Main exclusion criteria: The study excludes patients who do not have histiocytic cell proliferation, those who are not BRAF positive, patients who are not children or young people, and those who do not have refractory histiocytosis.
Focus and goals: The study aims to evaluate the safety, effectiveness, and tolerability of Vemurafenib in children with BRAF mutation-positive histiocytosis that has resisted standard treatments. The trial will determine the best dosage that provides similar benefits to those seen in adults and will optimize the duration of treatment. Throughout the study, participants undergo regular health checks including monitoring of vital signs, laboratory tests, echocardiography, and ECG. Researchers will assess event-free survival, progression-free survival, overall survival, overall response rate, and the disease reactivation rate after two years of treatment.

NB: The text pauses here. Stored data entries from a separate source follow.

-- ===== src/Aggregator/Registry/Order.antt =====
-- The order in which a bulk registration loads its backends.
use mathlib.Core.List.{Perm}
use mathlib.Core.List.Perm
use vectorhawkd.Base.{
  ℕ, ◌+◌, ◌≤◌, ◌≡◌, refl, String, List, [], ◌∷◌, arith, length, All, Bool, Bool-cases, inl, inr,
  leb, ltb, keep, leb→le, All-imp, ◌≢◌, ◌∙◌,
}
use vectorhawkd.Aggregator.Backend.{BackendEntry, visible_tools}
use vectorhawkd.Aggregator.Registry.{insert_by_priority, sort_by_priority}

-- Each backend's priority is at least that of every later one.
abbrev pub IsDescending : List BackendEntry → Type 0
IsDescending [] = Unit
IsDescending (e ∷ es) = All (λ x. x.priority ≤ e.priority) es × IsDescending es

insert_by_priority-perm :
    (e : BackendEntry) (es : List BackendEntry) → Perm (insert_by_priority e es) (e ∷ es)
unfolding insert_by_priority
insert_by_priority-perm e [] = Perm.refl (e ∷ [])
insert_by_priority-perm e (x ∷ xs) = elim (Bool-cases (leb x.priority e.priority)) [
  | inl first ↦ rw first (Perm.refl _)
  | inr later ↦
      rw later (Perm.trans (Perm.cons x (insert_by_priority-perm e xs)) (Perm.swap e x xs))
]

pub All-insert_by_priority :
    (P : BackendEntry → Type 0) (e : BackendEntry) (es : List BackendEntry)
    → P e
    → All P es
    → All P (insert_by_priority e es)
unfolding insert_by_priority
All-insert_by_priority P e [] p h = (p, tt)
All-insert_by_priority P e (x ∷ xs) p h = elim (Bool-cases (leb x.priority e.priority)) [
  | inl first ↦ rw first (p, h)
  | inr later ↦ rw later (h.0, All-insert_by_priority P e xs p h.1)
]

insert_by_priority-IsDescending :
    (e : BackendEntry) (es : List BackendEntry)
    → IsDescending es
    → IsDescending (insert_by_priority e es)
unfolding insert_by_priority
insert_by_priority-IsDescending e [] d = (tt, tt)
insert_by_priority-IsDescending e (x ∷ xs) d = elim (Bool-cases (leb x.priority e.priority)) [
  | inl first ↦
      let p : x.priority ≤ e.priority = leb→le _ _ first in
      rw first ((p, All-imp (λ y h. omega arith) xs d.0), d)
  | inr later ↦ rw later (
    All-insert_by_priority (λ y. y.priority ≤ x.priority) e xs (ground (arith, later)) d.0,
    insert_by_priority-IsDescending e xs d.1,
  )
]

-- The order of a bulk load is the given entries, highest priority first.
pub sort_by_priority_lem :
    (es : List BackendEntry) → IsDescending (sort_by_priority es) × Perm (sort_by_priority es) es
unfolding sort_by_priority
sort_by_priority_lem [] = (tt, Perm.refl [])
sort_by_priority_lem (e ∷ es) =
    let (down, perm) = sort_by_priority_lem es in
    (
      insert_by_priority-IsDescending e (sort_by_priority es) down,
      Perm.trans (insert_by_priority-perm e (sort_by_priority es)) (Perm.cons e perm),
    )

-- The visible tools of a list of entries.
abbrev pub demand : List BackendEntry → ℕ
demand [] = 0
demand (e ∷ es) = length (visible_tools e) + demand es

-- None of the entries has the id.
abbrev pub Lacks : String → List BackendEntry → Type 0
Lacks id es = All (λ e. e.server_id ≢ id) es

-- Who is served before `e`, of the entries given before it and of those after it.
abbrev pub is_first : BackendEntry → BackendEntry → Bool
is_first e x = leb e.priority x.priority

abbrev pub is_above : BackendEntry → BackendEntry → Bool
is_above e x = ltb e.priority x.priority

-- Inserting an entry changes the tools that a part of the list shows by its own.
demand-insert_by_priority :
    (p : BackendEntry → Bool) (x : BackendEntry) (xs : List BackendEntry)
    → demand (keep p (insert_by_priority x xs)) ≡ demand (keep p (x ∷ xs))
unfolding insert_by_priority
demand-insert_by_priority p x [] = refl
demand-insert_by_priority p x (y ∷ ys) = elim (Bool-cases (leb y.priority x.priority)) [
  | inl first ↦ rw first refl
  | inr later ↦
      let ih = demand-insert_by_priority p x ys in
      elim (Bool-cases (p x)) [
        | inl kept ↦ elim (Bool-cases (p y)) [
          | inl also ↦ rw (later, kept, also) (omega (arith, (rw kept at ih)))
          | inr not_y ↦ rw (later, kept, not_y) (rw kept at ih)
        ]
        | inr out ↦ elim (Bool-cases (p y)) [
          | inl also ↦ rw (later, out, also) (omega (arith, (rw out at ih)))
          | inr not_y ↦ rw (later, out, not_y) (rw out at ih)
        ]
      ]
]

pub demand-sort_by_priority :
    (p : BackendEntry → Bool) (es : List BackendEntry)
    → demand (keep p (sort_by_priority es)) ≡ demand (keep p es)
unfolding sort_by_priority
demand-sort_by_priority p [] = refl
demand-sort_by_priority p (e ∷ es) =
    let ih = demand-sort_by_priority p es in
    demand-insert_by_priority p e (sort_by_priority es)
    ∙ (elim (Bool-cases (p e)) [ inl kept ↦ rw kept (omega (arith, ih)) | inr out ↦ rw out ih ])
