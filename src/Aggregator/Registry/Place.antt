-- ===== src/Aggregator/Registry/Place.antt =====
-- The place that a backend has in the order of a bulk registration.
use vectorhawkd.Base.{
  ℕ, ◌+◌, ◌≤◌, ◌≡◌, refl, String, List, [], ◌∷◌, arith, length, All, true, false, Bool-cases, inl,
  inr, leb, ltb, keep, ◌<◌, leb→le, ◌++◌, All-imp, ◌≢◌, ap, ◌∙◌,
}
use vectorhawkd.Aggregator.Backend.{BackendEntry, visible_tools}
use vectorhawkd.Aggregator.Registry.{insert_by_priority, sort_by_priority}
use vectorhawkd.Aggregator.Registry.Order.{
  is_first, is_above, IsDescending, demand, Lacks, All-insert_by_priority, sort_by_priority_lem,
  demand-sort_by_priority,
}

-- The place of an entry in the order of the bulk load.
abbrev pub IsPlaced : BackendEntry → ℕ → List BackendEntry → Type 0
IsPlaced e before order =
    (front : List BackendEntry) × (back : List BackendEntry) × (order ≡ front ++ e ∷ back)
    × (demand front ≡ before)
    × Lacks e.server_id back
    × All (λ x. e.priority ≤ x.priority) front

keep_none_above :
    (e : BackendEntry) (xs : List BackendEntry)
    → All (λ x. x.priority ≤ e.priority) xs
    → keep (is_above e) xs ≡ []
keep_none_above e [] h = refl
keep_none_above e (x ∷ xs) h =
    let low : ltb e.priority x.priority ≡ false = ground (arith, h.0) in
    rw low (keep_none_above e xs h.1)

-- The last of the entries to be inserted comes behind those above it.
insert-IsPlaced :
    (e : BackendEntry) (xs : List BackendEntry)
    → IsDescending xs
    → Lacks e.server_id xs
    → IsPlaced e (demand (keep (is_above e) xs)) (insert_by_priority e xs)
unfolding insert_by_priority
insert-IsPlaced e [] down lacks = ([], [], refl, refl, tt, tt)
insert-IsPlaced e (x ∷ xs) down lacks = elim (Bool-cases (leb x.priority e.priority)) [
  | inl first ↦
      let low : x.priority ≤ e.priority = leb→le _ _ first in
      let none_above =
        keep_none_above e (x ∷ xs) (low, All-imp (λ y h. omega (arith, h, low)) xs down.0) in
      rw (first, none_above) ([], x ∷ xs, refl, refl, lacks, tt)
  | inr later ↦
      let high : ltb e.priority x.priority ≡ true = ground (arith, later) in
      let (front, back, split, shown, others, above) = insert-IsPlaced e xs down.1 lacks.1 in
      rw (later, high)
        (
          x ∷ front,
          back,
          ap (λ es. x ∷ es) split,
          omega (arith, shown),
          others,
          (ground (arith, later), above),
        )
]

-- A later insertion keeps the place, and counts if the entry is served first.
insert_before :
    (x e : BackendEntry) (front back : List BackendEntry)
    → e.priority ≤ x.priority
    → insert_by_priority x (front ++ e ∷ back) ≡ insert_by_priority x front ++ e ∷ back
unfolding insert_by_priority
insert_before x e [] back high =
    let now : leb e.priority x.priority ≡ true = ground (arith, high) in rw now refl
insert_before x e (f ∷ front) back high = elim (Bool-cases (leb f.priority x.priority)) [
  | inl first ↦ rw first refl
  | inr later ↦ rw later (ap (λ es. f ∷ es) (insert_before x e front back high))
]

insert_behind :
    (x e : BackendEntry) (front back : List BackendEntry)
    → x.priority < e.priority
    → All (λ f. e.priority ≤ f.priority) front
    → insert_by_priority x (front ++ e ∷ back) ≡ front ++ e ∷ insert_by_priority x back
unfolding insert_by_priority
insert_behind x e [] back low above =
    let later : leb e.priority x.priority ≡ false = ground (arith, low) in rw later refl
insert_behind x e (f ∷ front) back low above =
    let later : leb f.priority x.priority ≡ false = ground (arith, low, above.0) in
    rw later (ap (λ es. f ∷ es) (insert_behind x e front back low above.1))

Lacks-sort : (id : String) (es : List BackendEntry) → Lacks id es → Lacks id (sort_by_priority es)
unfolding sort_by_priority
Lacks-sort id [] lacks = tt
Lacks-sort id (e ∷ es) lacks =
    All-insert_by_priority (λ x. x.server_id ≢ id) e (sort_by_priority es) lacks.0
      (Lacks-sort id es lacks.1)

demand-insert :
    (x : BackendEntry) (xs : List BackendEntry)
    → demand (insert_by_priority x xs) ≡ length (visible_tools x) + demand xs
unfolding insert_by_priority
demand-insert x [] = refl
demand-insert x (y ∷ ys) = elim (Bool-cases (leb y.priority x.priority)) [
  | inl first ↦ rw first refl
  | inr later ↦ rw later (omega (arith, demand-insert x ys))
]

-- In the order of the bulk load, what is served before an entry shows as many tools as the entries
-- given before it with at least its priority and those given after it with a higher one.
pub sort_by_priority-IsPlaced :
    (before after : List BackendEntry) (e : BackendEntry)
    → Lacks e.server_id after
    → Lacks e.server_id before
    → IsPlaced e
        (demand (keep (is_first e) before) + demand (keep (is_above e) after))
        (sort_by_priority (before ++ e ∷ after))
unfolding sort_by_priority
sort_by_priority-IsPlaced [] after e lacks _ =
    let (front, back, split, shown, others, above) =
      insert-IsPlaced e (sort_by_priority after) (sort_by_priority_lem after).0
        (Lacks-sort e.server_id after lacks) in
    (
      front,
      back,
      split,
      omega (arith, shown, demand-sort_by_priority (is_above e) after),
      others,
      above,
    )
sort_by_priority-IsPlaced (x ∷ before) after e lacks (other, earlier) =
    let (front, back, split, shown, others, above) =
      sort_by_priority-IsPlaced before after e lacks earlier in
    elim (Bool-cases (leb e.priority x.priority)) [
      | inl high ↦
          let at_least = leb→le _ _ high in
          rw high (
            insert_by_priority x front,
            back,
            ap (insert_by_priority x) split ∙ insert_before x e front back at_least,
            omega (arith, demand-insert x front, shown),
            others,
            All-insert_by_priority (λ f. e.priority ≤ f.priority) x front at_least above,
          )
      | inr low ↦
          let below : x.priority < e.priority = ground (arith, low) in
          rw low (
            front,
            insert_by_priority x back,
            ap (insert_by_priority x) split ∙ insert_behind x e front back below above,
            shown,
            All-insert_by_priority (λ y. y.server_id ≢ e.server_id) x back other others,
            above,
          )
    ]
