-- ===== src/Tapfd/Request.antt =====
-- The request lines of pkg/tapfd/request.go, and the reading of a line by the provider
-- (cmd/connector-ctl/tapfd_server.go, readTapFDRequestLine).
pub mod Tokens
pub mod RoundTrip
use connector.Base.{
  ℕ, ◌+◌, Bool, true, false, ◌&&◌, ◌||◌, not, Option, none, some, List, [], ◌∷◌, ◌++◌, Result, ok,
  err, ensure, refuse, ◌>>◌, ◌>>=◌, ltb, ◌==◌, if◌then◌else◌, Bytes, bytes_eq, length,
}
use connector.Text.{codes, fields, trim_space, trim_right, has_byte, cut, is_empty}

pub record Field : Type 0 where
  pub key : Bytes
  pub value : Bytes

-- The map of fields is a list with the latest entry of a key first.
pub record Request : Type 0 where
  pub version : Bytes
  pub op : Bytes
  pub want_netns : Bool
  pub entries : List Field

pub data RequestError : Type 0 where
  unsupported_op line_break too_long empty_request malformed : RequestError
  unsupported_version malformed_token has_nul read_failed : RequestError

abbrev pub request_version : Bytes
request_version = codes "TAPFD/1"

abbrev pub request_max_line_size : ℕ
request_max_line_size = 512

abbrev pub request_ops : List Bytes
request_ops =
    codes "INFO" ∷ codes "OPEN" ∷ codes "PREPARE" ∷ codes "RELEASE" ∷ codes "SET_PORT_UP" ∷ []

abbrev pub one_of : Bytes → List Bytes → Bool
one_of s [] = false
one_of s (t ∷ ts) = bytes_eq s t || one_of s ts

unfoldable pub valid_request_op : Bytes → Bool
valid_request_op op = one_of op request_ops

abbrev pub breaks_line : Bytes → Bool
breaks_line s = has_byte b'\r' s || has_byte b'\n' s || has_byte 0 s

abbrev pub with_extra : Bytes → Bytes → Bytes
with_extra line extra = if is_empty extra then line else line ++ b' ' ∷ extra

abbrev pub with_netns : Bool → Bytes → Bytes
with_netns true line = line ++ codes " want_netns=1"
with_netns false line = line

abbrev pub request_line : Bytes → Bytes → Bool → Bytes
request_line op extra want = with_extra (with_netns want (request_version ++ b' ' ∷ op)) extra

unfoldable pub build_request : Bytes → Bytes → Bool → Result RequestError Bytes
build_request op extra want = do
  let e = trim_space extra
  let line = request_line op e want
  ensure (valid_request_op op) unsupported_op
  refuse (breaks_line e) line_break
  refuse (ltb request_max_line_size (length line + 1)) too_long
  ok (line ++ b'\n' ∷ [])

-- Lower case, for ASCII.
abbrev pub lower : Bytes → Bytes
lower [] = []
lower (c ∷ cs) = (if not (ltb c b'A') && not (ltb b'Z' c) then c + 32 else c) ∷ lower cs

unfoldable pub is_truthy : Bytes → Bool
is_truthy v =
    one_of (lower (trim_space v)) (codes "1" ∷ codes "true" ∷ codes "yes" ∷ codes "on" ∷ [])

abbrev pub store_field : Bytes → Bytes → Request → Request
store_field key value req =
    if one_of key (codes "want_netns" ∷ codes "TAPFD_WANT_NETNS" ∷ [])
    then record req { want_netns = is_truthy value }
    else record req { entries = record { key = key; value = value } ∷ req.entries }

abbrev pub take_cut : Option (Bytes × Bytes) → Request → Result RequestError Request
take_cut none req = err malformed_token
take_cut (some ([], value)) req = err malformed_token
take_cut (some (c ∷ cs, value)) req = ok (store_field (c ∷ cs) value req)

-- The loop over the tokens behind the operation.
unfoldable pub take_tokens : List Bytes → Request → Result RequestError Request
take_tokens [] req = ok req
take_tokens (t ∷ ts) req = take_cut (cut b'=' t) req >>= take_tokens ts

abbrev pub parse_tokens : List Bytes → Result RequestError Request
parse_tokens (version ∷ op ∷ rest) = do
  ensure (bytes_eq version request_version) unsupported_version
  ensure (valid_request_op op) unsupported_op
  take_tokens rest (record { version = version; op = op; want_netns = false; entries = [] })
parse_tokens _ = err malformed

abbrev pub parse_trimmed : Bytes → Result RequestError Request
parse_trimmed line = do
  refuse (is_empty line) empty_request
  refuse (ltb request_max_line_size (length line + 1)) too_long
  parse_tokens (fields line)

unfoldable pub parse_request_line : Bytes → Result RequestError Request
parse_request_line line = parse_trimmed (trim_right (λ c. c == b'\r') (trim_space line))

-- How the stream ends behind its bytes.
pub data StreamEnd : Type 0 where
  eof failed : StreamEnd

abbrev pub at_end : StreamEnd → Bytes → Result RequestError Bytes
at_end eof (c ∷ cs) = ok (c ∷ cs)
at_end _ _ = err read_failed

-- The loop that reads a byte at a time, with the bytes that are still to arrive.
unfoldable pub read_onto : StreamEnd → Bytes → Bytes → Result RequestError Bytes
read_onto end buf [] =
    if ltb (length buf) request_max_line_size then at_end end buf else err too_long
read_onto end buf (c ∷ cs) =
    let rest = read_onto end (buf ++ c ∷ []) cs in
    if not (ltb (length buf) request_max_line_size)
    then err too_long
    else if c == b'\n'
    then ok buf
    else if c == 0
    then err has_nul
    else rest

unfoldable pub read_request_line : StreamEnd → Bytes → Result RequestError Bytes
unfolding read_onto
read_request_line end stream = read_onto end [] stream

-- The first of the names that has a value.
abbrev pub field_value : Bytes → List Field → Option Bytes
field_value key [] = none
field_value key (f ∷ fs) = if bytes_eq key f.key then some f.value else field_value key fs

abbrev pub or_else : Option Bytes → Bytes → Bytes
or_else (some (c ∷ cs)) next = c ∷ cs
or_else _ next = next

unfoldable pub request_field : List Bytes → Request → Bytes
request_field [] req = []
request_field (n ∷ ns) req = or_else (field_value n req.entries) (request_field ns req)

Investigational drug: Vemurafenib is a BRAF inhibitor, a type of targeted cancer therapy that works by blocking the activity of the mutated BRAF protein involved in cell growth and spread. By inhibiting this protein, the medication helps slow down or stop the proliferation of abnormal histiocytic cells. The drug is administered orally, with dosage and frequency determined individually.
Summary
All three ongoing clinical trials for Rosai-Dorfman syndrome are being conducted in Poland and focus exclusively on pediatric populations under 18 years of age. This concentration of research in a single country suggests a coordinated effort to study this rare condition in young patients.
The trials represent two distinct approaches to managing the condition. One trial focuses on improving diagnostic imaging through PET/CT scanning with Fludeoxyglucose (18F), which could help doctors better understand disease activity and monitor treatment responses. The other two trials test targeted therapies for treatment-resistant cases: Trametinib for patients without BRAF mutations or those who have not responded to Vemurafenib, and Vemurafenib itself for patients with BRAF mutations.
All trials require participation in the HISTIOGEN trial, indicating a broader research framework for studying histiocytic disorders in children. The studies share common outcome measures including event-free survival, progression-free survival, and overall survival, with all three trials expected to conclude around March 2026. These coordinated efforts reflect the challenges of treating refractory cases in young patients and the need for both better diagnostic tools and more effective targeted therapies.